What lines of the data below hold the string "connected"? Copy each one.
** SOURCE DATA follows **
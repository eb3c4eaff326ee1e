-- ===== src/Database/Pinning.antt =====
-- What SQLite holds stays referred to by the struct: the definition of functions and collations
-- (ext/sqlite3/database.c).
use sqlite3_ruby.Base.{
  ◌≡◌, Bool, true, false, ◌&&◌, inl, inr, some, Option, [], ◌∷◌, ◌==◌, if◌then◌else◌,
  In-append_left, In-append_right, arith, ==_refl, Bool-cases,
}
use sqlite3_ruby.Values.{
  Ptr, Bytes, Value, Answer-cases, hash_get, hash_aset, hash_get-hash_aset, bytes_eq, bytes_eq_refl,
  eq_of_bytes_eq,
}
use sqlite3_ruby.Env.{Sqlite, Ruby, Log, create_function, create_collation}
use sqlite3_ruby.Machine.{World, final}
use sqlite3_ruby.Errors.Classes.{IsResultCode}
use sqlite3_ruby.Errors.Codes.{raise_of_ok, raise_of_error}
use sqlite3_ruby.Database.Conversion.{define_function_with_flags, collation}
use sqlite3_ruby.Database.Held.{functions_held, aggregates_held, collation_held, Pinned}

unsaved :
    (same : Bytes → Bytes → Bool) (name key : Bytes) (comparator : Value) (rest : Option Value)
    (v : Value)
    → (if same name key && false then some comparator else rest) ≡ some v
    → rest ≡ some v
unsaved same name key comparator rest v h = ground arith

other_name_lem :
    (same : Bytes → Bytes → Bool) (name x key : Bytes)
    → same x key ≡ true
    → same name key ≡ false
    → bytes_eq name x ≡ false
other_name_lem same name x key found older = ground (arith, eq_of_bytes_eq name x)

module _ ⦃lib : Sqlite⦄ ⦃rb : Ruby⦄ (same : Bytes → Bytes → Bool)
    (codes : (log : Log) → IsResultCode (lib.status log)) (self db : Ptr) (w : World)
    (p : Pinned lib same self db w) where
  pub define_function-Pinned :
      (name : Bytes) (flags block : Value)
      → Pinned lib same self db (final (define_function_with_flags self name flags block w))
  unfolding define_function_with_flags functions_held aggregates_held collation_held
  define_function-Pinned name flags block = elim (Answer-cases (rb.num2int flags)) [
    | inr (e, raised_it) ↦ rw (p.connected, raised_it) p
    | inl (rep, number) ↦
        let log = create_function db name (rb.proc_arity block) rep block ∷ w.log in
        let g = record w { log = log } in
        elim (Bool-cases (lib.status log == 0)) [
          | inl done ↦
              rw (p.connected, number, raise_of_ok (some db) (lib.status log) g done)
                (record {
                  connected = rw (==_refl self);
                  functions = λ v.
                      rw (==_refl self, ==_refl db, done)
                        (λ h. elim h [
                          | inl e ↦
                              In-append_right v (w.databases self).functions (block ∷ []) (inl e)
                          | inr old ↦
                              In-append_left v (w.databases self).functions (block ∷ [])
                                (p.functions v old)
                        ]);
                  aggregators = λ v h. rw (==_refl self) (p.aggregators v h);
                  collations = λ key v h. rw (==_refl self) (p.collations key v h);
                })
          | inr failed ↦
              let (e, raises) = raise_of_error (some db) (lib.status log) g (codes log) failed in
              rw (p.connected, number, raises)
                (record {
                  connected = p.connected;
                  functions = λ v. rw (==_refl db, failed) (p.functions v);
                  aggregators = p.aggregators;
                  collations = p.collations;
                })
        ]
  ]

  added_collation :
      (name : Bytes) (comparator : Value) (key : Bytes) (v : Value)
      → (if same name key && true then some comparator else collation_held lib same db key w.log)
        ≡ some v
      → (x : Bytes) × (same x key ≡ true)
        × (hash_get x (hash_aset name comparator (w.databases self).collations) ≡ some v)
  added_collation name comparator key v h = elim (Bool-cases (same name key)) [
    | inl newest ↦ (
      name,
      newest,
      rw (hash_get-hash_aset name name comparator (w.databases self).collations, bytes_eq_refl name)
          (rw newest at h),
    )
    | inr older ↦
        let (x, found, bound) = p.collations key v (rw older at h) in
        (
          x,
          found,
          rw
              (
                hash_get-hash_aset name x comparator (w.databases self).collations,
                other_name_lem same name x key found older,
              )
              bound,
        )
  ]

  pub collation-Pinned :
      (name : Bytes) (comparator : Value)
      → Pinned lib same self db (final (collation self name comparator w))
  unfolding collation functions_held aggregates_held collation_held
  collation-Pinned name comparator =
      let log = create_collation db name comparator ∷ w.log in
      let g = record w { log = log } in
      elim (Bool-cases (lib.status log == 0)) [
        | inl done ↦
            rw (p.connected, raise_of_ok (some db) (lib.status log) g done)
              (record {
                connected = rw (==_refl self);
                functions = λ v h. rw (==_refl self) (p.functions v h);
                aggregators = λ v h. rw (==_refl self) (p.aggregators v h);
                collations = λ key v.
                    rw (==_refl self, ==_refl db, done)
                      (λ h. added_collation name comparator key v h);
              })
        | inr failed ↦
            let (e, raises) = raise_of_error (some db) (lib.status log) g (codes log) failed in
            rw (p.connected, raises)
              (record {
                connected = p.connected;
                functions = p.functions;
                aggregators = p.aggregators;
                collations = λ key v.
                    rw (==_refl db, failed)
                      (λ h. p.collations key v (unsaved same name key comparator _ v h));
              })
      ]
** End of SOURCE DATA **
• [ANSWER FOR THE TASK]:
    | inr (e, raised_it) ↦ rw (p.connected, raised_it) p
              rw (p.connected, number, raise_of_ok (some db) (lib.status log) g done)
                  connected = rw (==_refl self);
              rw (p.connected, number, raises)
                  connected = p.connected;
            rw (p.connected, raise_of_ok (some db) (lib.status log) g done)
                connected = rw (==_refl self);
            rw (p.connected, raises)
                connected = p.connected;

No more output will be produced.